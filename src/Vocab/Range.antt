-- ===== src/Vocab/Range.antt =====
-- The ids that a parsed vocabulary hands to `write_ztm` are all ids of its tokens.
use ztok.Common.{
  ℕ, suc, ◌≤◌, ◌<◌, ◌≡◌, ap, sym, ◌∙◌, true, List, [], ◌∷◌, Option, none, some, ltb, ◌==◌,
  if◌then◌else◌, length, map, arith, All, All-append, subst, Option-cases, inl, inr, is_some,
  flat_map, length-map, range, length-range_from,
}
use ztok.Common.Dict.{lookup, get_list, set_default, keys, All-set_default}
use ztok.Common.Sort.{sort}
use ztok.Vocab.Wire.{Bytes}
use ztok.Vocab.Alts.{InfoEntry, Ids, bytes_eq, ids_of}
use ztok.Vocab.Tm.{Tables, place, place_all, max_key, ordered_tokens, flat_aliases, or_empty}
use ztok.Vocab.Primaries.{longer, lookup-place}
use ztok.Vocab.Aliases.{Fits}

pub lookup-max_key :
    (k : ℕ) (ids : List (ℕ × Bytes)) → is_some (lookup ◌==◌ k ids) ≡ true → k ≤ max_key ids
unfolding lookup max_key
lookup-max_key k [] h = ground arith
lookup-max_key k ((j, b) ∷ ids) h = ground (arith, lookup-max_key k ids)

pub length-ordered_tokens :
    (ids : List (ℕ × Bytes)) → length (ordered_tokens ids) ≡ suc (max_key ids)
unfolding ordered_tokens range
length-ordered_tokens ids =
    length-map (range (suc (max_key ids))) (λ i. or_empty (lookup ◌==◌ i ids))
    ∙ length-range_from 0 (suc (max_key ids))

place_keeps :
    (k : ℕ) (tables : Tables) (e : InfoEntry)
    → is_some (lookup ◌==◌ k tables.0) ≡ true
    → is_some (lookup ◌==◌ k (place tables e).0) ≡ true
place_keeps k tables e h = go (lookup ◌==◌ k tables.0) h (lookup-place k tables e)
  where
    go :
        (found : Option Bytes)
        → is_some found ≡ true
        → lookup ◌==◌ k (place tables e).0 ≡ (if e.id == k then longer found e.key else found)
        → is_some (lookup ◌==◌ k (place tables e).0) ≡ true
    go none h q = cc
    go (some b) h q = ground arith

place_adds :
    (tables : Tables) (e : InfoEntry) → is_some (lookup ◌==◌ e.id (place tables e).0) ≡ true
place_adds tables e = go (lookup ◌==◌ e.id tables.0) (lookup-place e.id tables e)
  where
    go :
        (found : Option Bytes)
        → lookup ◌==◌ e.id (place tables e).0 ≡ (if e.id == e.id then longer found e.key else found)
        → is_some (lookup ◌==◌ e.id (place tables e).0) ≡ true
    go none q = ground arith
    go (some b) q = ground arith

place_all_keeps :
    (k : ℕ) (tables : Tables) (es : List InfoEntry)
    → is_some (lookup ◌==◌ k tables.0) ≡ true
    → is_some (lookup ◌==◌ k (place_all tables es).0) ≡ true
unfolding place_all
place_all_keeps k tables [] h = h
place_all_keeps k tables (e ∷ es) h =
    place_all_keeps k (place tables e) es (place_keeps k tables e h)

-- Every info entry's id has a token.
pub place_all-has :
    (tables : Tables) (es : List InfoEntry)
    → All (λ e. is_some (lookup ◌==◌ e.id (place_all tables es).0) ≡ true) es
unfolding place_all
place_all-has tables [] = tt
place_all-has tables (e ∷ es) = (
  place_all_keeps e.id (place tables e) es (place_adds tables e),
  place_all-has (place tables e) es,
)

pub ids_of-All :
    (P : ℕ → Type 0) (table : Ids) (es : List InfoEntry)
    → All (λ x. P x.1) table
    → All (λ e. P e.id) es
    → All (λ x. P x.1) (ids_of table es)
unfolding ids_of
ids_of-All P table [] h k = h
ids_of-All P table (e ∷ es) h (p, ps) =
    ids_of-All P (set_default bytes_eq e.key e.id table) es
      (All-set_default bytes_eq P e.key e.id table p h) ps

-- An alias of an id below a bound.
abbrev pub Below : ℕ → ℕ × Bytes → Type 0
Below c a = a.0 < c

aliases_of :
    (c aid : ℕ) (ids : List (ℕ × Bytes)) (list : List Bytes)
    → Fits (lookup ◌==◌ aid ids) list
    → max_key ids < c
    → All (Below c) (map (λ ab. (aid, ab)) list)
aliases_of c aid ids list f h = elim (Option-cases (lookup ◌==◌ aid ids)) [
  | inl gone ↦
      subst (λ xs. All (Below c) (map (λ ab. (aid, ab)) xs)) (sym (subst (λ o. Fits o list) gone f))
        tt
  | inr (token, found) ↦ every list (lookup-max_key aid ids (ap is_some found))
]
  where
    every : (xs : List Bytes) → aid ≤ max_key ids → All (Below c) (map (λ ab. (aid, ab)) xs)
    every [] b = tt
    every (x ∷ xs) b = (omega arith, every xs b)

pub flat_aliases-Below :
    (c : ℕ) (tables : Tables)
    → ((k : ℕ) → Fits (lookup ◌==◌ k tables.0) (get_list k tables.1))
    → max_key tables.0 < c
    → All (Below c) (flat_aliases tables.1)
unfolding flat_aliases flat_map
flat_aliases-Below c tables f h = go (sort ltb (keys tables.1))
  where
    go :
        (ks : List ℕ)
        → All (Below c) (flat_map (λ aid. map (λ ab. (aid, ab)) (get_list aid tables.1)) ks)
    go [] = tt
    go (k ∷ ks) =
        All-append (Below c) (map (λ ab. (k, ab)) (get_list k tables.1)) _
          (aliases_of c k tables.0 (get_list k tables.1) (f k) h) (go ks)
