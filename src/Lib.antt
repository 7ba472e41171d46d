-- ===== src/Lib.antt =====
-- The agent service, a runtime for verification workflows: src/app of the repository.
--
-- The parts and how they interact
--   A submission becomes a row of `agent_jobs` (src/app/infra/jobs.py). A sweeper (runtime/sweeper.py)
--   reclaims rows whose lease is over and runs what is due through `execute_job`
--   (runtime/graph_runner.py), which claims the row by the arithmetic of runtime/retries.py, inserts an
--   attempt row, runs the graph of the job's use case and settles the job. The scholarship workflow
--   (usecases/scholarship_finder) reads a discovery of the product and its page through the tools
--   (src/app/tools), asks the model router to classify, to split and to extract, compares what a
--   candidate states with its official page, recommends an outcome and submits the run to the product
--   (src/app/integrations).
--
-- Which file models which part
--   Base, Errors, Json, Settings: texts as lists of code points, the exceptions that the code tells
--     apart, JSON values, the settings that are read (src/app/core/config.py).
--   Core/Identifiers: src/app/core/identifiers.py.
--   Python/Urls, Python/Regex: urllib.parse as far as it is used, and regular expressions with
--     backtracking.
--   Integrations, Integrations/Product, Integrations/Router: the clients of
--     src/app/integrations/scholarship_finder.py and ai_router.py there.
--   Runtime/Retries, Runtime/TaskState, Runtime/GraphRunner, Runtime/Sweeper: src/app/runtime/retries.py,
--     task_state.py, graph_runner.py and sweeper.py. Runtime/Jobs: src/app/infra/jobs.py over the tables
--     of src/app/infra/models.py (Jobs/Tables); a session's statement is a function on the tables, `Db`.
--     Jobs/Rows, Keys, Due, Claims and Leases are about the statements, GraphRunner/Outcome and
--     GraphRunner/Interference about an execution, with whatever other sessions do meanwhile. Jobs/Moves
--     has the lifecycle of a row as a relation, and Jobs/Sequences the sequences of statements.
--   Tools/Records, Tools/Budget, Tools/Registry, Tools/Urls, Tools/DirectFetch, Tools/Throttle:
--     src/app/tools/base.py, budget.py, registry.py, urls.py, direct_fetch.py and throttle.py. A turn
--     of the throttle takes time only and is left out of a fetch. Tools/Retrieval: src/app/tools/retrieval.py
--     and search.py, over a reader and a search, `Jina`; Tools/JinaClient makes these of the calls in
--     src/app/tools/jina.py.
--   Scholarship/Schemas, FactMatching, Policies, Normalization, OfficialSource, Extraction, Prompts,
--     Submission, Graph: schemas.py, fact_matching.py, policies.py, normalization.py,
--     official_source.py, extraction.py, prompts.py, submission.py and graph.py of
--     src/app/usecases/scholarship_finder. Scholarship/Payloads has the JSON of the records of schemas.py
--     and of what submission.py recommends.
--     From nodes.py there: Scholarship/Asking has `_ask` and what is noted of an answer, Loading
--     `load_discovery` and `classify_page`, Splitting `single_candidate` and `split_candidates`, Reading
--     `extract_facts` and `extract_eligibility`, Sources `find_official_source`, OfficialPages
--     `fetch_official`, Compare `_compare_sets`, `_settle_agreement` and their helpers, Evidence
--     `compare_evidence`, and Workflow `fetch_source` from the page on, `dedupe_candidates` and `decide`,
--     with the routes of graph.py. Graph has the nodes as stages over the state and a `World` of usage
--     rows, page texts and calls.
--   Api/Jobs: `submit_job` and `read_job` of src/app/api/jobs.py.
--   Scripts/Batch: scripts/batch.py; what it prints is a report.
--   Tests in each tree: test data, runs, and the theorems at concrete inputs.
--
-- How code is rendered
--   A coroutine is a function; what happens between its sessions is an argument
--   (`Occasion.interim`). A call that may raise gives a `Result`. A time is a number of
--   microseconds, and `now` is an argument. A `FOR UPDATE` row lock makes a read and its write one
--   step; `SKIP LOCKED` reads the rows that others hold from a function `locked`. A UUID is its
--   integer, which orders it as the database does. Every loop runs over a list or a text. On fuel
--   run the digits of a number, with the number itself, which is more than it has digits, and the
--   nodes of a run, which has at most twelve of them.
--   A write to the product is a value, `Call`, and a submission passes on the calls made so far, on which
--   the product's answers may depend. An exception out of the graph ends the run; the checkpoints between
--   nodes belong to LangGraph, and a run may start at any stage.
--
-- Parameters, and what is assumed of them
--   `Engine` is the compiled graph with its checkpointer; `Network` is name resolution, the
--   registries of `ipaddress`, HTTP transport and `urljoin`; `Transport` is HTTP as the Jina client
--   uses it, with `str` of a JSON value; `UrlLib` is percent coding and the checks of a network
--   location; `Unicode` is NFKD with the combining marks and the case mappings; SHA-256 is a
--   function. `ProductHttp` and `RouterHttp` are HTTP as the two clients use it, with the signature
--   of a token, and a `Router` gives an answer as a function of the request, since the requests of
--   a run have different keys; `show` and `repr` are Python's `str` and `repr`. Nothing is assumed
--   of them but where a theorem says so: a digest has 64 characters. A database session is taken to
--   succeed but for the unique key of an attempt, whose failure is modelled.
--   Digits and letters in amounts, dates and ports are the ASCII ones, and lower case is the ASCII one.
--   An answer of the model router has the shape of its task.
--
-- What is not modelled
--   Health and metrics (src/app/api/health.py, src/app/infra/metrics.py), which only report; the check
--   of the service token and the rendering of problems (src/app/core); checkpoint storage, database
--   engine and event loop, which are glue over libraries; the registry of use cases and
--   the probe; migrations, and the operator scripts but the batch.
pub mod Base
pub mod Errors
pub mod Json
pub mod Settings
pub mod Core
pub mod Python
pub mod Runtime
pub mod Tools
pub mod Scholarship
pub mod Integrations
pub mod Api
pub mod Scripts
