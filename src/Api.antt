-- ===== src/Api.antt =====
-- The HTTP interface: src/app/api.
pub mod Jobs
mod Tests
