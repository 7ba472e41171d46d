-- ===== src/Base/Strings.antt =====
-- Python's `str` as the list of its code points, and the string methods that the program calls.
use Prim.Native.Nat.{ℕ, zero, suc, ◌+◌, ◌/◌, ◌%◌}
use Prim.Native.Char.{code}
use Prim.Native.String.{String}
use mathlib.Core.Path.{◌≡◌, refl}
use mathlib.Core.Bool.{Bool, true, false, ◌&&◌, ◌||◌}
use mathlib.Core.List.{List, [], ◌∷◌, ◌++◌, map, reverse}
use native.Mathlib.Omega.{arith}
use edufurther_agent_be.Base.Tests.{if◌then◌else◌, leb, ltb, ◌==◌}

abbrev pub Text : Type 0
Text = List ℕ

-- A literal. It stays shut, so that proofs treat two literals as unknown texts.
unfoldable pub lit : String → Text
lit String.[] = []
lit (String.◌∷◌ c s) = code c ∷ lit s

-- `a == b`
unfoldable pub text_eq : Text → Text → Bool
text_eq [] [] = true
text_eq (x ∷ xs) (y ∷ ys) = (x == y) && text_eq xs ys
text_eq _ _ = false

pub text_eq_refl : (a : Text) → text_eq a a ≡ true
unfolding text_eq
text_eq_refl [] = refl
text_eq_refl (x ∷ xs) = ground (arith, text_eq_refl xs)

pub text_eq→eq : (a b : Text) → text_eq a b ≡ true → a ≡ b
unfolding text_eq
text_eq→eq [] [] h = refl
text_eq→eq [] (y ∷ b) h = ground arith
text_eq→eq (x ∷ a) [] h = ground arith
text_eq→eq (x ∷ a) (y ∷ b) h = ground (arith, text_eq→eq a b)

pub eq→text_eq : (a b : Text) → a ≡ b → text_eq a b ≡ true
eq→text_eq a b h = rw h (text_eq_refl b)

-- `text in texts`
unfoldable pub contains_text : Text → List Text → Bool
contains_text a [] = false
contains_text a (b ∷ bs) = text_eq a b || contains_text a bs

-- `b.startswith(a)`
unfoldable pub starts_with : Text → Text → Bool
starts_with [] b = true
starts_with (x ∷ a) (y ∷ b) = (x == y) && starts_with a b
starts_with (x ∷ a) [] = false

-- `b.endswith(a)`
unfoldable pub ends_with : Text → Text → Bool
unfolding starts_with
ends_with a b = starts_with (reverse a) (reverse b)

-- `a in b`
unfoldable pub occurs_in : Text → Text → Bool
unfolding starts_with
occurs_in a [] = starts_with a []
occurs_in a (y ∷ b) = starts_with a (y ∷ b) || occurs_in a b

-- ASCII `str.lower`
unfoldable pub lower : Text → Text
lower = map (λ c. if leb b'A' c && leb c b'Z' then c + 32 else c)

-- The whitespace of `str.strip`: tab to carriage return, the separators 28 to 31, the space, and
-- the breaking spaces outside ASCII.
unfoldable pub is_space : ℕ → Bool
is_space c =
    (leb 9 c && leb c 13)
    || (leb 28 c && leb c 32)
    || (c == 0x85)
    || (c == 0xA0)
    || (c == 0x1680)
    || (leb 0x2000 c && leb c 0x200A)
    || (c == 0x2028)
    || (c == 0x2029)
    || (c == 0x202F)
    || (c == 0x205F)
    || (c == 0x3000)

-- Drops the leading characters that satisfy `p`.
unfoldable pub drop_while : (ℕ → Bool) → Text → Text
drop_while p [] = []
drop_while p (x ∷ xs) = if p x then drop_while p xs else x ∷ xs

-- `s.strip()`, and `s.lstrip` and `s.rstrip` by a test
unfoldable pub rstrip_by : (ℕ → Bool) → Text → Text
unfolding drop_while
rstrip_by p s = reverse (drop_while p (reverse s))

unfoldable pub strip : Text → Text
unfolding drop_while rstrip_by is_space
strip s = rstrip_by is_space (drop_while is_space s)

-- `s.split(c)`: the pieces between the separators, the first one first.
abbrev pub push_head : ℕ → List Text → List Text
push_head x [] = (x ∷ []) ∷ []
push_head x (w ∷ ws) = (x ∷ w) ∷ ws

unfoldable pub split_on : ℕ → Text → List Text
split_on c [] = [] ∷ []
split_on c (x ∷ xs) = let rest = split_on c xs in if x == c then [] ∷ rest else push_head x rest

-- `sep.join(parts)`
unfoldable pub join : Text → List Text → Text
join sep [] = []
join sep (w ∷ []) = w
join sep (w ∷ v ∷ ws) = w ++ sep ++ join sep (v ∷ ws)

-- The decimal digits of a number, `str(n)`; a number has fewer digits than it has units.
unfoldable pub decimal_from : ℕ → ℕ → Text → Text
decimal_from zero n acc = acc
decimal_from (suc fuel) n acc =
    let rest = decimal_from fuel (n / 10) ((48 + n % 10) ∷ acc) in
    if ltb n 10 then (48 + n) ∷ acc else rest

unfoldable pub show_nat : ℕ → Text
unfolding decimal_from
show_nat n = decimal_from (suc n) n []
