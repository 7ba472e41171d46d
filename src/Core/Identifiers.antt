-- ===== src/Core/Identifiers.antt =====
-- src/app/core/identifiers.py: UUIDv7 values, the printed form of a UUID, and the idempotency key of
-- a job. The SHA-256 digest is the standard library's hash and stays a parameter.
pub mod Laws
use edufurther_agent_be.Base.{
  ℕ, zero, suc, ◌+◌, ◌*◌, ◌/◌, ◌%◌, ◌^◌, ◌≤◌, List, [], ◌∷◌, ◌++◌, Text, lit, length, leb, ltb,
  if◌then◌else◌,
}

abbrev pub max_idempotency_key_length : ℕ
max_idempotency_key_length = 500

-- `{use_case}:{workflow_version}:{input_reference}`, or its digest where that would not fit
unfoldable pub job_idempotency_key : (Text → Text) → Text → Text → Text → Text
job_idempotency_key sha256_hex use_case workflow_version input_reference =
    let key = use_case ++ lit ":" ++ workflow_version ++ lit ":" ++ input_reference in
    if leb (length key) max_idempotency_key_length
    then key
    else use_case ++ lit ":" ++ workflow_version ++ lit ":sha256:" ++ sha256_hex key

-- The fallback of `new_uuid7`: 48 bits of the time in milliseconds, the version, 12 random bits, the
-- variant and 62 random bits. The fields do not overlap, so `|` adds them.
unfoldable pub uuid7_value : ℕ → ℕ → ℕ
uuid7_value time_ms random_bits =
    time_ms % 2 ^ 48 * 2 ^ 80
    + 0x7 * 2 ^ 76
    + random_bits / 2 ^ 62 % 2 ^ 12 * 2 ^ 64
    + 0x2 * 2 ^ 62
    + random_bits % 2 ^ 62

-- The code point of a hexadecimal digit.
abbrev pub hex_digit : ℕ → ℕ
hex_digit d = if ltb d 10 then 48 + d else 87 + d

-- The last `k` hexadecimal digits of `n`, in front of `acc`.
unfoldable pub hex_from : ℕ → ℕ → Text → Text
hex_from zero n acc = acc
hex_from (suc k) n acc = hex_from k (n / 16) (hex_digit (n % 16) ∷ acc)

-- `str(uuid)`
unfoldable pub uuid_text : ℕ → Text
unfolding hex_from
uuid_text n =
    hex_from 8 (n / 2 ^ 96) []
    ++ lit "-"
    ++ hex_from 4 (n / 2 ^ 80) []
    ++ lit "-"
    ++ hex_from 4 (n / 2 ^ 64) []
    ++ lit "-"
    ++ hex_from 4 (n / 2 ^ 48) []
    ++ lit "-"
    ++ hex_from 12 n []

-- `uuid.hex` behind a prefix
unfoldable pub new_correlation_id : ℕ → ℕ → Text
unfolding uuid7_value hex_from
new_correlation_id time_ms random_bits =
    lit "agent_" ++ hex_from 32 (uuid7_value time_ms random_bits) []
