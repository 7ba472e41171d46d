-- ===== src/Json.antt =====
-- The values of `json`: payloads, model output and what the product's API answers. A number is an
-- integer; the program does no arithmetic on one.
use edufurther_agent_be.Base.{
  ℕ, Bool, true, false, not, Option, none, some, Text, text_eq, is_empty, ◌==◌, if◌then◌else◌,
}

mutual
  pub data Json : Type 0 where
    null : Json
    bool : Bool → Json
    num : ℕ → Json
    str : Text → Json
    arr : Items → Json
    obj : Fields → Json

  pub data Items : Type 0 where
    nil : Items
    cons : Json → Items → Items

  pub data Fields : Type 0 where
    end : Fields
    field : Text → Json → Fields → Fields

-- `bool(value)`
unfoldable pub truthy : Json → Bool
truthy null = false
truthy (bool b) = b
truthy (num n) = not (n == 0)
truthy (str s) = not (is_empty s)
truthy (arr nil) = false
truthy (arr (cons x xs)) = true
truthy (obj end) = false
truthy (obj (field k v fs)) = true

-- `d.get(key)` of an object's fields, where the first entry of a key counts
unfoldable pub get_field : Text → Fields → Option Json
get_field key end = none
get_field key (field k v fs) = if text_eq key k then some v else get_field key fs
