-- ===== src/Settings.antt =====
-- src/app/core/config.py: the settings that the modelled parts read. A timeout or an interval in
-- seconds that the source holds as a `float` is a whole number here.
use edufurther_agent_be.Base.{ℕ, Bool, Option, List, Text}

pub record Settings : Type 0 where
  pub workflow_version : Text
  pub shadow_mode : Bool
  pub job_lease_seconds : ℕ
  pub job_max_attempts : ℕ
  pub job_sweep_batch_limit : ℕ
  pub disabled_tools : List Text
  pub jina_api_key : Option Text
  pub jina_monthly_call_limit : ℕ
  pub jina_timeout_seconds : ℕ
  pub search_result_limit : ℕ
  pub fetch_timeout_seconds : ℕ
  pub fetch_max_bytes : ℕ
  pub tavily_timeout_seconds : ℕ
  pub parsebot_timeout_seconds : ℕ
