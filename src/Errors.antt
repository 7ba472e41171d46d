-- ===== src/Errors.antt =====
-- The exceptions that the program raises and tells apart: the class that an `except` clause or an
-- `isinstance` test names, with the attributes that the code reads. A subclass has its own
-- `type_name` under the kind of the class that is tested.
use edufurther_agent_be.Base.{ℕ, Option, Text, ◌≡◌, refl, ◌⊎◌, inl, inr}

pub data ErrorKind : Type 0 where
  timeout_error value_error http_error : ErrorKind
  tool_disabled tool_budget_exhausted tool_policy_refusal : ErrorKind
  unknown_use_case ai_router_error scholarship_finder_error : ErrorKind
  runtime_error other_error : ErrorKind

pub record PyError : Type 0 where
  pub kind : ErrorKind
  pub type_name : Text
  pub status_code : Option ℕ  -- `getattr(exc, "status_code", None)`, where it is an integer
  pub message : Text

-- What a call that may raise gives.
pub data Result {ℓ} (A : Type ℓ) : Type ℓ where
  ok : A → Result A
  raise : PyError → Result A

-- To split on a computed result and keep the equation.
pub Result-cases {ℓ} :
    {A : Type ℓ} (r : Result A) → ((exc : PyError) × (r ≡ raise exc)) ⊎ ((a : A) × (r ≡ ok a))
Result-cases (ok a) = inr (a, refl)
Result-cases (raise exc) = inl (exc, refl)

pub ok-inj {ℓ} : {A : Type ℓ} (a b : A) → ok a ≡ ok b → a ≡ b
ok-inj a b h = cc
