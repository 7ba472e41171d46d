-- ===== src/Runtime/Retries.antt =====
-- src/app/runtime/retries.py: the states of a job and the arithmetic of its transitions. A time is
-- a number of microseconds, the resolution of `datetime`.
pub mod Backoff
pub mod Lifecycle
use edufurther_agent_be.Base.{
  ℕ, ◌+◌, ◌-◌, ◌*◌, ◌^◌, min, Bool, true, false, ◌&&◌, ◌||◌, Option, none, some, List, [], ◌∷◌,
  Text, lit, lower, occurs_in, any, take, ltb, leb, ◌==◌, if◌then◌else◌,
}
use edufurther_agent_be.Errors.{PyError, ErrorKind, timeout_error}

pub data JobState : Type 0 where
  queued running retry_wait waiting_review completed failed_review cancelled : JobState

-- `TERMINAL_STATES`
abbrev pub is_terminal : JobState → Bool
is_terminal completed = true
is_terminal failed_review = true
is_terminal cancelled = true
is_terminal _ = false

-- `CLAIMABLE_STATES`
abbrev pub is_claimable : JobState → Bool
is_claimable queued = true
is_claimable retry_wait = true
is_claimable _ = false

pub data ErrorClass : Type 0 where
  retryable permanent : ErrorClass

pub record JobTransition : Type 0 where
  pub state : JobState
  pub attempts : ℕ
  pub next_attempt_at : Option ℕ
  pub lease_expires_at : Option ℕ
  pub last_error : Option Text

abbrev pub base_backoff_seconds : ℕ
base_backoff_seconds = 60

abbrev pub max_backoff_seconds : ℕ
max_backoff_seconds = 21600

abbrev pub max_error_length : ℕ
max_error_length = 2000

-- `timedelta(seconds=s)`
abbrev pub seconds : ℕ → ℕ
seconds s = s * 1000000

unfoldable pub backoff_seconds : ℕ → ℕ
backoff_seconds attempts =
    if ltb attempts 1
    then base_backoff_seconds
    else min (base_backoff_seconds * 2 ^ (attempts - 1)) max_backoff_seconds

unfoldable pub lease_expiry : ℕ → ℕ → ℕ
lease_expiry lease_seconds now = now + seconds lease_seconds

-- `moment is None or moment <= now`
abbrev pub has_passed : Option ℕ → ℕ → Bool
has_passed none now = true
has_passed (some moment) now = leb moment now

unfoldable pub is_lease_expired : Option ℕ → ℕ → Bool
is_lease_expired lease_expires_at now = has_passed lease_expires_at now

unfoldable pub is_due : JobState → Option ℕ → ℕ → Bool
is_due state next_attempt_at now = is_claimable state && has_passed next_attempt_at now

unfoldable pub claim : JobState → ℕ → ℕ → Option ℕ → ℕ → Option JobTransition
unfolding is_due lease_expiry
claim state attempts lease_seconds next_attempt_at now =
    if is_due state next_attempt_at now
    then some (record {
      state = running;
      attempts = attempts + 1;
      next_attempt_at = none;
      lease_expires_at = some (lease_expiry lease_seconds now);
      last_error = none;
    })
    else none

-- A transition that sets nothing but the state.
abbrev plain : JobState → ℕ → JobTransition
plain state attempts = record {
  state = state;
  attempts = attempts;
  next_attempt_at = none;
  lease_expires_at = none;
  last_error = none;
}

unfoldable pub succeed : ℕ → JobTransition
succeed attempts = plain completed attempts

unfoldable pub await_review : ℕ → JobTransition
await_review attempts = plain waiting_review attempts

unfoldable pub cancel : ℕ → JobTransition
cancel attempts = plain cancelled attempts

-- `error_class is ErrorClass.PERMANENT`
abbrev pub is_permanent : ErrorClass → Bool
is_permanent permanent = true
is_permanent retryable = false

unfoldable pub fail : ℕ → Text → ErrorClass → ℕ → ℕ → JobTransition
fail attempts error error_class max_attempts now =
    let truncated = take max_error_length error in
    if is_permanent error_class || leb max_attempts attempts
    then record (plain failed_review attempts) { last_error = some truncated }
    else record {
      state = retry_wait;
      attempts = attempts;
      next_attempt_at = some (now + seconds (backoff_seconds attempts));
      lease_expires_at = none;
      last_error = some truncated;
    }

-- `isinstance(exc, TimeoutError)`
abbrev pub is_timeout : ErrorKind → Bool
is_timeout timeout_error = true
is_timeout _ = false

-- The answer of an upstream: a server error, a timeout or a rate limit may pass.
unfoldable pub class_of_status : ℕ → ErrorClass
class_of_status status =
    if leb 500 status || (status == 408 || status == 429) then retryable else permanent

unfoldable pub transient_markers : List Text
transient_markers =
    lit "timeout"
    ∷ lit "connect"
    ∷ lit "ratelimit"
    ∷ lit "serviceunavailable"
    ∷ lit "temporar"
    ∷ lit "unavailable"
    ∷ lit "remoteprotocol"
    ∷ lit "readerror"
    ∷ lit "writeerror"
    ∷ lit "poolerror"
    ∷ []

unfoldable pub class_of_name : Text → ErrorClass
class_of_name type_name =
    let name = lower type_name in
    if any (λ marker. occurs_in marker name) transient_markers then retryable else permanent

unfoldable pub classify_error : PyError → ErrorClass
unfolding class_of_status class_of_name
classify_error exc = if is_timeout exc.kind then retryable else elim exc.status_code [
  | some status ↦ class_of_status status
  | none ↦ class_of_name exc.type_name
]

******

» What you need to do:
Taking the entries above, write out exactly each line from the one holding "0x2 * 2 ^ 62" to the one holding "get_field key end = none", both included, and stop there.

» Your solution:
    + 0x2 * 2 ^ 62
    + random_bits % 2 ^ 62

-- The code point of a hexadecimal digit.
abbrev pub hex_digit : ℕ → ℕ
hex_digit d = if ltb d 10 then 48 + d else 87 + d

-- The last `k` hexadecimal digits of `n`, in front of `acc`.
unfoldable pub hex_from : ℕ → ℕ → Text → Text
hex_from zero n acc = acc
hex_from (suc k) n acc = hex_from k (n / 16) (hex_digit (n % 16) ∷ acc)

-- `str(uuid)`
unfoldable pub uuid_text : ℕ → Text
unfolding hex_from
uuid_text n =
    hex_from 8 (n / 2 ^ 96) []
    ++ lit "-"
    ++ hex_from 4 (n / 2 ^ 80) []
    ++ lit "-"
    ++ hex_from 4 (n / 2 ^ 64) []
    ++ lit "-"
    ++ hex_from 4 (n / 2 ^ 48) []
    ++ lit "-"
    ++ hex_from 12 n []

-- `uuid.hex` behind a prefix
unfoldable pub new_correlation_id : ℕ → ℕ → Text
unfolding uuid7_value hex_from
new_correlation_id time_ms random_bits =
    lit "agent_" ++ hex_from 32 (uuid7_value time_ms random_bits) []
repository 7ba472e41171d46d
-- ===== src/Json.antt =====
-- The values of `json`: payloads, model output and what the product's API answers. A number is an
-- integer; the program does no arithmetic on one.
use edufurther_agent_be.Base.{
  ℕ, Bool, true, false, not, Option, none, some, Text, text_eq, is_empty, ◌==◌, if◌then◌else◌,
}

mutual
  pub data Json : Type 0 where
    null : Json
    bool : Bool → Json
    num : ℕ → Json
    str : Text → Json
    arr : Items → Json
    obj : Fields → Json

  pub data Items : Type 0 where
    nil : Items
    cons : Json → Items → Items

  pub data Fields : Type 0 where
    end : Fields
    field : Text → Json → Fields → Fields

-- `bool(value)`
unfoldable pub truthy : Json → Bool
truthy null = false
truthy (bool b) = b
truthy (num n) = not (n == 0)
truthy (str s) = not (is_empty s)
truthy (arr nil) = false
truthy (arr (cons x xs)) = true
truthy (obj end) = false
truthy (obj (field k v fs)) = true

-- `d.get(key)` of an object's fields, where the first entry of a key counts
unfoldable pub get_field : Text → Fields → Option Json
get_field key end = none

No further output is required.